Nella giornata di ieri, Banca Bper ha collocato sul mercato un’obbligazione perpetua del tipo Additional Tier 1 per l’importo di 500 milioni di euro. Elevati gli ordini, che hanno superato l’ammontare di 3 miliardi, oltre sei volte l’offerta. Gli investitori istituzionali interessati, categoria a cui il bond è stato riservato, sono stati 230.
Cedola rideterminata dal marzo 2030
Quali sono state le condizioni fissate dall’emittente?

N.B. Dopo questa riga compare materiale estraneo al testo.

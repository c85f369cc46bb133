-- ===== src/Users.antt =====
-- kinappserver/models/user.py: the users, their phone numbers and what moves with a number.
-- A user id, an address, a phone number as it is stored (encrypted) and a UUID are opaque numbers.
-- The state holds the tables `user`, `user_app_data`, `user_task_results`, `phone_backup_hints`
-- and `push_auth_token`, which these functions read and write.
pub mod Phones
pub mod Engagement
pub mod Access
pub mod Backup
pub mod Registration
pub use kin_app_server.Common.Table.{elem}
use kin_app_server.Common.{
  ℕ, ◌≡◌, ◌≤◌, ◌+◌, String, Bool, true, false, not, ◌&&◌, ◌||◌, Option, none, some, List, [], ◌∷◌,
  map, ◌==◌, if◌then◌else◌, is_none, is_some,
}
use kin_app_server.Common.Int.{ℤ, pos, negsuc}
use kin_app_server.Common.Table.{
  count_rows, first_row, select_rows, update_first, update_rows, delete_rows,
}
use kin_app_server.Action.{
  Action, Result, ok, err, uncaught, invalid_usage, ◌>>=◌, ◌>>◌, pure, raise, raise_if, gets,
  modify, or_raise, after,
}
use kin_app_server.Account.{OsType, UserAppData}
use kin_app_server.Auth.{Tokens, get_token_obj_by_user_id}

pub record User : Type 0 where
  pub user_id : ℕ
  pub os_type : OsType
  pub device_model : String
  pub push_token : Option String
  pub time_zone : ℤ
  pub device_id : Option String
  pub onboarded : Bool
  pub public_address : Option ℕ
  pub enc_phone_number : Option ℕ
  pub deactivated : Bool
  pub auth_token : Option ℕ
  pub package_id : Option String
  pub screen : String
  pub user_agent : Option String
  pub truex_user_id : Option ℕ

-- What a client says of its device: the model cut to the column's 40 characters, the parsed
-- time zone, and the three sizes of its screen as one text.
pub record Device : Type 0 where
  pub os_type : OsType
  pub device_model : String
  pub push_token : Option String
  pub time_zone : ℤ
  pub device_id : Option String
  pub app_ver : String
  pub package_id : Option String
  pub screen : String

pub record TaskResult : Type 0 where
  pub user_id : ℕ
  pub task_id : ℕ

pub record PhoneBackupHints : Type 0 where
  pub enc_phone_number : ℕ
  pub hints : List ℕ
  pub updated_at : ℕ
  pub previous_hints : List (ℕ × List ℕ)

pub record UserDb : Type 0 where
  pub users : List User
  pub app_data : List UserAppData
  pub task_results : List TaskResult
  pub phone_backup_hints : List PhoneBackupHints
  pub tokens : Tokens

abbrev pub is_user : ℕ → User → Bool
is_user uid u = u.user_id == uid

abbrev pub of_user : ℕ → UserAppData → Bool
of_user uid d = d.user_id == uid

abbrev pub of_result : ℕ → TaskResult → Bool
of_result uid r = r.user_id == uid

abbrev pub has_phone : ℕ → User → Bool
has_phone phone u = elim u.enc_phone_number [ none ↦ false | some p ↦ p == phone ]

-- `.filter_by(enc_phone_number=phone).filter_by(deactivated=False)`
abbrev pub is_active : ℕ → User → Bool
is_active phone u = has_phone phone u && not u.deactivated

abbrev pub has_address : ℕ → User → Bool
has_address address u = elim u.public_address [ none ↦ false | some a ↦ a == address ]

abbrev pub user_id_of : Option User → Option ℕ
user_id_of none = none
user_id_of (some u) = some u.user_id

-- Writes the user's row back as `f` leaves it.
abbrev pub save : ℕ → (User → User) → UserDb → UserDb
save uid f s = record s { users = update_first (is_user uid) f s.users }

unfoldable pub get_user : ℕ → Action UserDb User
get_user uid s = or_raise (first_row (is_user uid) s.users) (invalid_usage "no such user_id") s

unfoldable pub deactivate_user : ℕ → Action UserDb (Unit {0})
unfolding get_user
deactivate_user uid = do get_user uid; modify (save uid (λ u. record u { deactivated = true }))

-- An unknown user is not deactivated.
unfoldable pub user_deactivated : ℕ → UserDb → Bool
user_deactivated uid s = elim (first_row (is_user uid) s.users) [
  | none ↦ false
  | some u ↦ u.deactivated
]

-- `public_address` is unique: a second user with the address makes the commit raise.
unfoldable pub set_onboarded : ℕ → Bool → ℕ → Action UserDb (Unit {0})
unfolding get_user
set_onboarded uid onboarded address = do
  get_user uid
  others ← gets (λ s. count_rows (λ u. has_address address u && not (is_user uid u)) s.users)
  raise_if (not (others == 0)) uncaught
  modify (save uid (λ u. record u { onboarded = onboarded; public_address = some address }))

abbrev first_of : {A : Type 0} → Option A → Option A → Option A
first_of none b = b
first_of (some a) b = some a

-- `uuid1` and `uuid2` are what `uuid4()` returns, should it be called.
abbrev pub new_user : ℕ → Device → ℕ → ℕ → User
new_user uid d uuid1 uuid2 = record {
  user_id = uid;
  os_type = d.os_type;
  device_model = d.device_model;
  push_token = d.push_token;
  time_zone = d.time_zone;
  device_id = d.device_id;
  onboarded = false;
  public_address = none;
  enc_phone_number = none;
  deactivated = false;
  auth_token = some uuid1;
  package_id = d.package_id;
  screen = d.screen;
  user_agent = none;
  truex_user_id = some uuid2;
}

abbrev pub reregister : Device → ℕ → ℕ → User → User
reregister d uuid1 uuid2 u = record u {
  os_type = d.os_type;
  device_model = d.device_model;
  push_token = first_of d.push_token u.push_token;
  time_zone = d.time_zone;
  device_id = d.device_id;
  auth_token = first_of u.auth_token (some uuid1);
  package_id = d.package_id;
  screen = d.screen;
  truex_user_id = first_of u.truex_user_id (some uuid2);
}

abbrev pub new_app_data : ℕ → String → UserAppData
new_app_data uid app_ver = record {
  user_id = uid;
  app_ver = app_ver;
  completed_tasks_dict = [];
  next_task_ts_dict = [];
  next_task_memo_dict = [];
  country_iso_code = none;
  captcha_history = none;
  should_solve_captcha_ternary = pos 0;
}

-- A call on the table of tokens, whose users are those of the table `user`.
abbrev pub on_tokens : {A : Type 0} → Action Tokens A → Action UserDb A
on_tokens m s =
    let (r, t) = m (record s.tokens { users = map (λ u. u.user_id) s.users }) in
    (r, record s { tokens = t })

abbrev pub add_app_data : ℕ → String → Action UserDb (Unit {0})
add_app_data uid app_ver s =
    if count_rows (of_user uid) s.app_data == 0
    then (ok tt, record s { app_data = new_app_data uid app_ver ∷ s.app_data })
    else (err uncaught, s)

-- The rows that go with a new user, in their own transactions.
unfoldable pub add_rows : ℕ → String → ℕ → Action UserDb Bool
unfolding get_token_obj_by_user_id
add_rows uid app_ver uuid3 = do
  add_app_data uid app_ver
  on_tokens (get_token_obj_by_user_id uid uuid3)
  pure true

-- True for a new user. `uuid3` is a new user's push token.
unfoldable pub create_user : ℕ → Device → ℕ → ℕ → ℕ → Action UserDb Bool
unfolding add_rows
create_user uid d uuid1 uuid2 uuid3 s = elim (first_row (is_user uid) s.users) [
  | some u ↦ (ok false, save uid (reregister d uuid1 uuid2) s)
  | none ↦ add_rows uid d.app_ver uuid3 (record s { users = new_user uid d uuid1 uuid2 ∷ s.users })
]
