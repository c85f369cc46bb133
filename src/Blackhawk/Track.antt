-- ===== src/Blackhawk/Track.antt =====
-- What the tracking of orders does to the goods and the cards.
use kin_app_server.Common.{
  ℕ, ◌≤◌, ◌≡◌, refl, String, Bool, Option, none, some, List, [], ◌∷◌, str_eq, eq_iff, arith,
  Bool-cases, Option-cases, inl, inr,
}
use kin_app_server.Common.Table.{count_rows}
use kin_app_server.Action.{after, call-cases}
use kin_app_server.Account.{get}
use kin_app_server.Shop.{Good, Shop}
use kin_app_server.Shop.Goods.{create_good, does_code_exist}
use kin_app_server.Blackhawk.{
  Vault, Api, set_processed_orders, merchant_code_to_offer_id, add_cards, track_order, track_all,
  track_orders, list_unprocessed_orders,
}

abbrev pub has_code : String → Good → Bool
has_code v g = str_eq g.value v

create_good_unique :
    (o : Option ℕ) (code v : String) (x : Option ℕ) (now : ℕ) (s : Shop)
    → count_rows (has_code v) s.goods ≤ 1
    → count_rows (has_code v) (after (create_good o "code" code x now) s).goods ≤ 1
unfolding create_good does_code_exist
create_good_unique none code v x now s h = h
create_good_unique (some o) code v x now s h = elim (Bool-cases (str_eq code v)) [
  | inr e ↦ ground (arith, h, e)
  | inl e ↦ let p : code ≡ v = ground (arith, e, eq_iff code v) in rw p (ground (arith, h))
]

pub set_processed-shop : (ids : List ℕ) (s : Vault) → (set_processed_orders ids s).shop ≡ s.shop
unfolding set_processed_orders
set_processed-shop [] s = refl
set_processed-shop (c ∷ cs) s = set_processed-shop cs _

-- At most one good has the code.
abbrev pub IsOnce : String → Vault → Type 0
IsOnce v s = count_rows (has_code v) s.shop.goods ≤ 1

add_cards-IsOnce :
    (api : Api) (now : ℕ) (v : String) (order : ℕ) (ids : List ℕ) (s : Vault)
    → IsOnce v s
    → IsOnce v (after (add_cards api now order ids) s)
unfolding add_cards
add_cards-IsOnce api now v order [] s h = h
add_cards-IsOnce api now v order (c ∷ cs) s h = elim (Option-cases (api.egift_get_card c)) [
  | inl e ↦ ground (arith, e, h, add_cards-IsOnce api now v order cs s h)
  | inr (info, e) ↦
      let o = merchant_code_to_offer_id info.merchant_code s.bh_offers in
      let once = create_good_unique o info.code v (some info.id) now s.shop h in
      elim (call-cases (create_good o "code" info.code (some info.id) now s.shop)) [
        | inr (x, d, q) ↦ ground (arith, e, q, once)
        | inl (x, d, q) ↦ ground (
          arith,
          e,
          q,
          once,
          add_cards-IsOnce api now v info.order cs (record s { shop = d })
              (ground (arith, q, once)),
        )
      ]
]

track_order-IsOnce :
    (api : Api) (now : ℕ) (v : String) (orders : List (ℕ × List ℕ)) (order : ℕ) (ids : List ℕ)
    (s : Vault)
    → IsOnce v s
    → IsOnce v (after (track_order api now orders order ids) s)
unfolding track_order
track_order-IsOnce api now v orders order ids s h =
    let k = add_cards-IsOnce api now v order ids s h in
    elim (call-cases (add_cards api now order ids s)) [
      | inr (x, t, q) ↦ ground (arith, q, h, k)
      | inl (key, t, q) ↦ elim (Option-cases (get key orders)) [
        | inl g ↦ ground (arith, q, g, h, k)
        | inr (cards, g) ↦ ground (arith, q, g, h, k, set_processed-shop cards t)
      ]
    ]

track_all-IsOnce :
    (api : Api) (now : ℕ) (v : String) (orders rest : List (ℕ × List ℕ)) (s : Vault)
    → IsOnce v s
    → IsOnce v (after (track_all api now orders rest) s)
unfolding track_all
track_all-IsOnce api now v orders [] s h = h
track_all-IsOnce api now v orders ((order, ids) ∷ rest) s h =
    let k = track_order-IsOnce api now v orders order ids s h in
    elim (call-cases (track_order api now orders order ids s)) [
      | inr (x, t, q) ↦ ground (arith, q, k)
      | inl (n, t, q) ↦
          let r = track_all-IsOnce api now v orders rest t (ground (arith, q, k)) in
          elim (call-cases (track_all api now orders rest t)) [
            | inl (m, t', q') ↦ ground (arith, q, q', r)
            | inr (x, t', q') ↦ ground (arith, q, q', r)
          ]
    ]

-- Tracking the orders, however it ends, makes no second good of a redemption code: where at most
-- one good has the code before, at most one has it after.
pub track_orders-IsOnce :
    (api : Api) (now : ℕ) (v : String) (s : Vault)
    → count_rows (has_code v) s.shop.goods ≤ 1
    → count_rows (has_code v) (after (track_orders api now) s).shop.goods ≤ 1
unfolding track_orders
track_orders-IsOnce api now v s h = elim (Option-cases s.creds.token) [
  | inl e ↦ ground (arith, e, h)
  | inr (token, e) ↦
      let orders = list_unprocessed_orders [] s.cards in
      let k = track_all-IsOnce api now v orders orders s h in
      elim (call-cases (track_all api now orders orders s)) [
        | inl (n, t, q) ↦ ground (arith, e, q, k)
        | inr (x, t, q) ↦ ground (arith, e, q, k)
      ]
]
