-- ===== src/Blackhawk/Lost.antt =====
-- What becomes of a card whose info Blackhawk does not tell.
use kin_app_server.Common.{ℕ, ◌≡◌, not, ◌&&◌, Bool, true, false, Option, none, some, ◌==◌, All}
use kin_app_server.Common.Table.{count_rows, first_row}
use kin_app_server.Shop.{Good, Shop}
use kin_app_server.Shop.Goods.{has_offer_id}
use kin_app_server.Blackhawk.{BlackhawkCard, Vault, Api, has_card_id}

-- The good was made of the card.
abbrev pub of_card : ℕ → Good → Bool
of_card c g = elim g.extra_info [ none ↦ false | some i ↦ i == c ]

abbrev pub offer_known : Shop → Option ℕ → Bool
offer_known s o = elim o [ none ↦ true | some f ↦ not (count_rows (has_offer_id f) s.offers == 0) ]

-- The offers that the cards are for are in the table: a foreign key.
abbrev pub OffersKnown : Vault → Type 0
OffersKnown s = All (λ b. offer_known s.shop (some b.offer_id) ≡ true) s.bh_offers

-- What is told of the card is of the card and of its order, if anything is told.
abbrev pub tells_own : Api → ℕ → ℕ → Bool
tells_own api order i = elim (api.egift_get_card i) [
  | none ↦ true
  | some info ↦ (info.id == i) && (info.order == order)
]

-- The card is marked, if it is in the table.
abbrev pub is_processed : ℕ → Vault → Bool
is_processed c s = elim (first_row (has_card_id c) s.cards) [ none ↦ true | some x ↦ x.processed ]

abbrev mark : BlackhawkCard → BlackhawkCard
mark x = record x { processed = true }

L’obbligazione perpetua pagherà una cedola fissa annuale del 6,50% lordo (4,81% netto) fino al 20 marzo 2030 con corresponsione semestrale.
Dunque, l’obbligazione perpetua di Bper non sarà mai a tasso variabile, ma semmai dopo il 20 marzo 2030 sarebbe rideterminata nel caso di mancato rimborso del capitale. C’è il rischio di perdere tutto l’investimento, in quanto l’emittente ridurrà il valore nominale del bond nel caso in cui il CET1 dell’istituto scenda sotto il 5,125%. Trattasi del cosiddetto patrimonio di vigilanza.
Rischi per investitore
Ad essersi occupati dell’emissione sono state Barclays e Ubs in qualità di joint scructuring advisor, global coordinator e joint bookrunner. Bnp Paribas, Deutsche Bank, Mediobanca e Morgan Stanley hanno agito in qualità di joint bookrunner.
L’obbligazione perpetua non ha chiaramente una scadenza, per cui Bper può anche decidere di non rimborsare mai il capitale alle date di reset indicate nel prospetto informativo. In genere, tuttavia, gli emittenti di questi particolari strumenti finanziari lo fanno per ragioni reputazionali. L’investitore corre diversi rischi. In primis, le autorità di vigilanza possono vietare all’emittente di pagare le cedole in situazioni di stress finanziario. E le cedole non pagate non sarebbero più recuperate.
Obbligazione perpetua, rimborso incerto
Un altro rischio dell’obbligazione perpetua riguarda per l’appunto il mancato rimborso alla data di reset del 20 marzo 2030. Ciò diverrebbe un evento teoricamente più probabile se i tassi di mercato in quel periodo risultassero superiori ai costi che Bper affronterebbe continuando a pagare le cedole. In pratica, se l’istituto vedesse ampliati gli spread rispetto alla situazione odierna, gli risulterebbe più vantaggioso decidere di effettuare il rimborso più in là o, sempre teoricamente, anche mai. Infine, proprio perché il rimborso nel marzo 2030 può non avvenire, l’investitore si espone al rischio di tassi. Se questi scendessero, riceverebbe una cedola ben inferiore del 6,50% goduto fino ad allora.